Zwar gibt es ab und zu einmal besonders schauderliche Greueltaten, bei denen ein Mensch zum Kannibalen wird. Doch Artgenossen – oder Teile von ihnen – zu essen, gilt bei uns Menschen nicht nur als verwerflich, es ist in der Realität auch praktisch inexistent.

Im Hühnerhof dagegen kommt Kannibalismus immer wieder mal vor. Besonders Küken sind davon betroffen. Da wird in die Zehen gepickt, es werden Kämme angefressen oder ein Tier traktiert die Gegend rund um den After eines anderen so lange, bis Blut spritzt. Das Picken am After kann sogar dazu führen, dass der Darm eines Kükens herausgezogen wird. Seltsamerweise wehrt sich das Opfer während dieser Gräueltaten nur selten.

Über die Ursachen des Kannibalismus bei Hühnern lässt sich nur spekulieren. Die Fachwelt steht nach wie vor vor einem Rätsel. Zwar werden immer wieder Vermutungen angestellt, doch wissenschaftlich nachgewiesen ist bislang nichts. Einst ging man davon aus, dass eine eiweissarme Ernährung schuld sei. Dies widerlegte allerdings der bekannte Verhaltensforscher Bernhard Grzimek, ehemaliger Direktor des zoologischen Gartens in Frankfurt am Main. Er führte Untersuchungen durch, bei denen er Testhühnern reichlich Eiweiss verabreichte – ohne dass sich in ihrem Verhalten eine Besserung abzeichnete. Grzimek folgerte, dass Eiweissmangel zumindest nicht der alleinige Grund für Kannibalismus ein könne.

Eine andere Theorie besagt, dass Langeweile am Anfang des Kannibalismus steht.

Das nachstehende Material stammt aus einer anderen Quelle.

-- ===== src/Tests/Servers.antt =====
-- Requests to the whole application, on the store in memory and the stub clients, and the theorems
-- there.
use chatting.Common.{◌≡◌, ◌↔◌, ◌⊎◌, refl, String, true, false, none, some, [], pos}
use chatting.Common.Text.{strip, split, split_once, lower_starts_with, has_char, is_ascii}
use chatting.Common.Dict.{insert}
use chatting.Json.{Json, text, object, no_fields, field, get_field}
use chatting.Errors.{Exn, new, unauthorized_error}
use chatting.Exec.{raised, pure}
use chatting.Message.{build_prompt_history}
use chatting.RateLimit.{RateLimiter}
use chatting.Session.Memory.{Store, memory_repository, history_of}
use chatting.Provider.Stub.{stub_llm_client, stub_tts_client, stub_reply}
use chatting.Chat.{service_init, chat, store_turn}
use chatting.Bootstrap.{AppContainer}
use chatting.Auth.Keys.{parse_tenant_api_keys, add_all, add_api_key}
use chatting.Auth.{
  TenantAccessContext, find_tenant, bearer_token_of, auth_dependency, compare_digest,
  observe_auth_result, set_tenant, throttle_auth_failure, reject, admit, matched, authenticate,
}
use chatting.Auth.Sound.{HasEntry, IsWithinLimit, asked_for}
use chatting.Metrics.{dispatch, enter}
use chatting.App.{handle}
use chatting.Routes.{chat_route}
use chatting.Routes.Payload.{chat_request_in}
use chatting.Server.{
  HttpRequest, HttpResponse, access_settings, Site, of_error, authorize, call_with, call_route,
  chat_endpoint, with_handlers, request_context_middleware, serve, serve_route,
}
use chatting.Server.Branches.{run_auth}
use chatting.Server.Streams.{serve_stream, IsBegun, serve_stream-IsBegun}
use chatting.Server.Answers.{IsAnswered, context, serve-IsAnswered, serve-HasEntry, serve-refused}
use chatting.Tests.Retries.{millis}
use chatting.Tests.Processes.{settings}
use chatting.Tests.Counters.{Values, registry, zeros}

abbrev no_limiter : RateLimiter Store
no_limiter = record {
  consume = λ tenant route limit window.
      pure
        (record { allowed = true; limit = limit; remaining = limit; reset_at_epoch_sec = window });
  ping = pure true;
  close = pure tt;
}

abbrev container : AppContainer millis Store
container = record {
  settings = record settings { auth_enabled = true; auth_tenant_api_keys = "a:k1,b:k2" };
  llm_client = stub_llm_client;
  tts_client = stub_tts_client;
  session_repo = memory_repository;
  rate_limiter = no_limiter;
  chat_service = service_init stub_llm_client stub_tts_client memory_repository (pos 10) (pos 12);
}

abbrev site : Site Store Values
site = record {
  resources = [];
  chat_requests = [];
  auth_results = [];
  rate_limit_results = [];
  metrics = zeros;
}

abbrev posted : Json
posted = object (field "session_id" (text "s") (field "message" (text "hi") no_fields))

abbrev request : String → HttpRequest
request token = record {
  access = record { authorization = token; client_host = some "h" };
  request_id = some "r";
  trace_id = none;
  body = some posted;
}

serve_runs :
    (serve registry (some container) "u" "v" (request "Bearer k2") site).0.status_code ≡ 200
unfolding serve serve_route request_context_middleware dispatch with_handlers chat_endpoint
    authorize auth_dependency authenticate strip lower_starts_with matched find_tenant
    parse_tenant_api_keys split has_char split_once insert compare_digest is_ascii add_all
    add_api_key admit observe_auth_result set_tenant chat store_turn build_prompt_history get_field
    chat_request_in chat_route call_route call_with stub_llm_client memory_repository stub_reply
    history_of enter
serve_runs = refl

serve-IsAnswered_example :
    let response = (serve registry (some container) "u" "v" (request "Bearer k2") site).0 in
    (response.status_code ≡ 200)
    ↔ IsAnswered container
        (context registry container "u" "v" (request "Bearer k2"))
        (some posted)
        (run_auth container (request "Bearer k2").access "chat_sync" site)
        response
serve-IsAnswered_example = serve-IsAnswered registry container "u" "v" (request "Bearer k2") site

serve-HasEntry_example :
    (lower_starts_with (strip "Bearer k2") "bearer " ≡ true)
    × (tenant : TenantAccessContext) × HasEntry tenant.tenant_id
        (bearer_token_of (strip "Bearer k2"))
        (parse_tenant_api_keys "a:k1,b:k2")
    × ((false ≡ false)
        ⊎ IsWithinLimit no_limiter
            (access_settings container.settings)
            "chat_sync"
            (asked_for no_limiter (access_settings container.settings) "chat_sync" tenant []).0)
serve-HasEntry_example =
    serve-HasEntry registry container "u" "v" (request "Bearer k2") site refl serve_runs

abbrev wrong : Exn
wrong = new unauthorized_error "invalid tenant api key"

wrong_runs : (run_auth container (request "Bearer k3").access "chat_sync" site).0 ≡ raised wrong
unfolding auth_dependency authenticate strip lower_starts_with matched find_tenant
    parse_tenant_api_keys split has_char split_once insert compare_digest is_ascii reject
    observe_auth_result throttle_auth_failure
wrong_runs = refl

serve-refused_example :
    let (response, after) = serve registry (some container) "u" "v" (request "Bearer k3") site in
    (response.body
      ≡ of_error (handle (context registry container "u" "v" (request "Bearer k3")) wrong))
    × (response.status_code
        ≡ (handle (context registry container "u" "v" (request "Bearer k3")) wrong).status_code)
    × (after.resources
        ≡ (run_auth container (request "Bearer k3").access "chat_sync" site).1.limiter)
    × (after.chat_requests ≡ [])
serve-refused_example =
    serve-refused registry container "u" "v" (request "Bearer k3") posted wrong site refl wrong_runs
      refl

-- The stream begins before the service has been asked.
abbrev stream_reply : HttpResponse × Site Store Values
stream_reply = serve_stream registry (some container) "u" "v" (request "Bearer k1") site

serve_stream-IsBegun_example :
    ((stream_reply.0.status_code ≡ 200)
      ↔ IsBegun
          (some posted)
          (run_auth container (request "Bearer k1").access "chat_stream" site)
          stream_reply.0)
    × (stream_reply.1.resources
        ≡ (run_auth container (request "Bearer k1").access "chat_stream" site).1.limiter)
serve_stream-IsBegun_example =
    serve_stream-IsBegun registry container "u" "v" (request "Bearer k1") posted site refl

Diese Idee wird auch durch die Tatsache gestützt, das Kannibalismus vorwiegend in Legebatterien auftritt oder bei Tieren, die längere Zeit im Stall auf engem Raum gehalten werden. Gerade an diesen Orten können die Hühner ihrem natürlichen Trieb zum Scharren und Picken kaum oder gar nicht nachkommen. Erwischen sie während des Bepickens einen Blutkiel, tritt Blut aus. Davon angestachelt, pickt das Huhn immer weiter, während das traktierte Tier zu fliehen oder auszuweichen versucht.

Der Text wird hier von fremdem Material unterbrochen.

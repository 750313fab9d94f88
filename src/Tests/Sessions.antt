-- ===== src/Tests/Sessions.antt =====
-- Appends to the in-memory store, and its theorems there.
use chatting.Common.{◌≡◌, List, [], ◌∷◌, some, pos}
use chatting.Message.{user, assistant}
use chatting.Session.Memory.{history_of}
use chatting.Session.Contract.{Append, sent_to}
use chatting.Session.Memory.Laws.{append_all, append_all-keeps}

-- Two requests of one session that finish one after the other, and one of another session.
abbrev requests : List Append
requests =
    (record { session_id = "s"; first = user "first"; others = assistant "1" ∷ [] })
    ∷ (record { session_id = "t"; first = user "x"; others = assistant "y" ∷ [] })
    ∷ (record { session_id = "s"; first = user "second"; others = assistant "2" ∷ [] })
    ∷ []

append_all_runs :
    history_of "s" (append_all (some (pos 20)) [] requests)
    ≡ user "first" ∷ assistant "1" ∷ user "second" ∷ assistant "2" ∷ []
unfolding sent_to
append_all_runs = append_all-keeps (some (pos 20)) "s" requests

Zu feucht, zu warm, zu hell
So kommt es zu einer regelrechten Verfolgungsjagd, in deren Verlauf noch mehr Federn herausgerissen werden und halt auch mal die Haut verletzt werden kann. Andere Hühner können durch dieses Verhalten angestachelt werden und es nachahmen. Gemäss Carl Heinrich Engelmann, ehemaliger Abteilungsleiter am Institut für landwirtschaftliches Versuchs- und Untersuchungswesen in Jena (D), könnte genau dies auch während des Fremdputzens auftreten – wenn Hühner einander putzen, ähnlich wie dies Affen tun, wenn sie sich gegenseitig lausen. Das Problem mit dieser Theorie: Bis heute fehlt der Beweis, dass Hühner sich überhaupt Fremdputzen.

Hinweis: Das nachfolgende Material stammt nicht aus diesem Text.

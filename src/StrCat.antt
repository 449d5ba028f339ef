-- ===== src/StrCat.antt =====
-- strlcat.c: a text is appended to the text of a buffer. A buffer is the list of the bytes that may
-- be read and written from `dst` on, and `src` is a text without its final 0.
pub mod Appended
use aping.Base.{
  ℕ, zero, suc, ◌+◌, ◌-◌, ◌%◌, ◌^◌, List, [], ◌∷◌, ◌++◌, take, drop, length, ltb, ◌==◌,
  if◌then◌else◌,
}
use aping.Base.Text.{Text}
use aping.Base.Outcome.{Run, ok, fatal, Fault, ◌>>=◌}
use aping.StrCopy.{copy_loop}

-- `while (*d != '\0' && n != 0) d++;` for an `n` that is not 0: nothing in the loop changes `n`.
unfoldable pub find_end : List ℕ → Run ℕ
find_end [] = fatal Fault.bad_index
find_end (c ∷ cs) = let rest = find_end cs in if c == 0 then ok 0 else (rest >>= λ d. ok (suc d))

-- The bytes `bs` are written at `at`.
unfoldable pub overwrite : List ℕ → ℕ → List ℕ → Run (List ℕ)
overwrite buf at bs =
    if ltb (length buf) (at + length bs)
    then fatal Fault.bad_index
    else ok (take at buf ++ bs ++ drop (at + length bs) buf)

-- The buffer afterwards, and the result. `n -= dlen` is done in words of 32 bits.
unfoldable pub strlcat : List ℕ → Text → ℕ → Run (List ℕ × ℕ)
unfolding find_end copy_loop overwrite
strlcat dst src siz = do
  dlen ← if siz == 0 then ok 0 else find_end dst
  let n = (siz + (2 ^ 32 - dlen)) % 2 ^ 32
  if n == 0
      then ok (dst, dlen + length src)
      else (overwrite dst dlen (copy_loop n src) >>= λ dst'. ok (dst', dlen + length src))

Nicht nur Blut kann ein Auslöser sein für das aggressive Gepicke. Auch die glänzende, sich vorwölbende Kloakenschleimhaut bei der Eiablage lockt Artgenossen zum Bepicken. Hennen, welche andere dabei beobachten, wie sie die Aftergegend eines anderen Huhns bepicken, beginnen daraufhin ebenfalls mit dem «Gehacke». Dabei spielt plötzlich die Rangordnung keine Rolle mehr, obwohl sie sonst bei den Hühnern einen sehr grossen Stellenwert hat, ja sogar als die stabilste in der Tierwelt gilt. Die geplagten Hennen sind meistens nicht in der Lage, sich zur Wehr zu setzen. Es entsteht eine Aufgeregtheit, die ansteckend ist und die sogar zu Verletzungen führen kann, an deren Folgen eine Henne stirbt – merkwürdigerweise oft ohne dass sich die angegriffene Henne zur Wehr gesetzt hat.

Ein anderer möglicher Auslöser für Kannibalismus unter Hühnern, über den in Fachzeitschriften immer wieder spekuliert wird, ist ein ungünstiges Stallklima. Zu wenig Feuchtigkeit, zu hohe Temperaturen oder eine zu grosse Lichtintensität könnten die Tiere verunsichern, was das Verhalten zur Folge habe. Aber auch Stress, ausgelöst durch zu wenige Nestplätze, unregelmässige Fütterung, Parasitenbefall oder ein Vitamin- und Mineralstoffmangel werden als Gründe nicht ausgeschlossen. Gegen den Einfluss des Futters spricht, dass die heutigen Fertigmischungen in Bezug auf die Nährstoffe, Vitamine und Mineralstoffe optimal zusammengesetzt sind.

Wie im Buch «Geflügelkrankheiten» von Karl Fritzsche, einem ehemaligen Professor an der Veterinärmedizinischen Fakultät der Justus-Liebig-Universität in Giessen (D), nachzulesen ist, zeigen Untersuchungen aus den 1950er-Jahren, dass Hühner durchaus eine Vorliebe für bestimmte Federn haben. So wurden federfressenden Hühnern sowohl Federn von Leghornhühnern wie auch von Italienern vorgelegt. In allen Fällen wurden diejenigen der Italiener zuerst verzehrt.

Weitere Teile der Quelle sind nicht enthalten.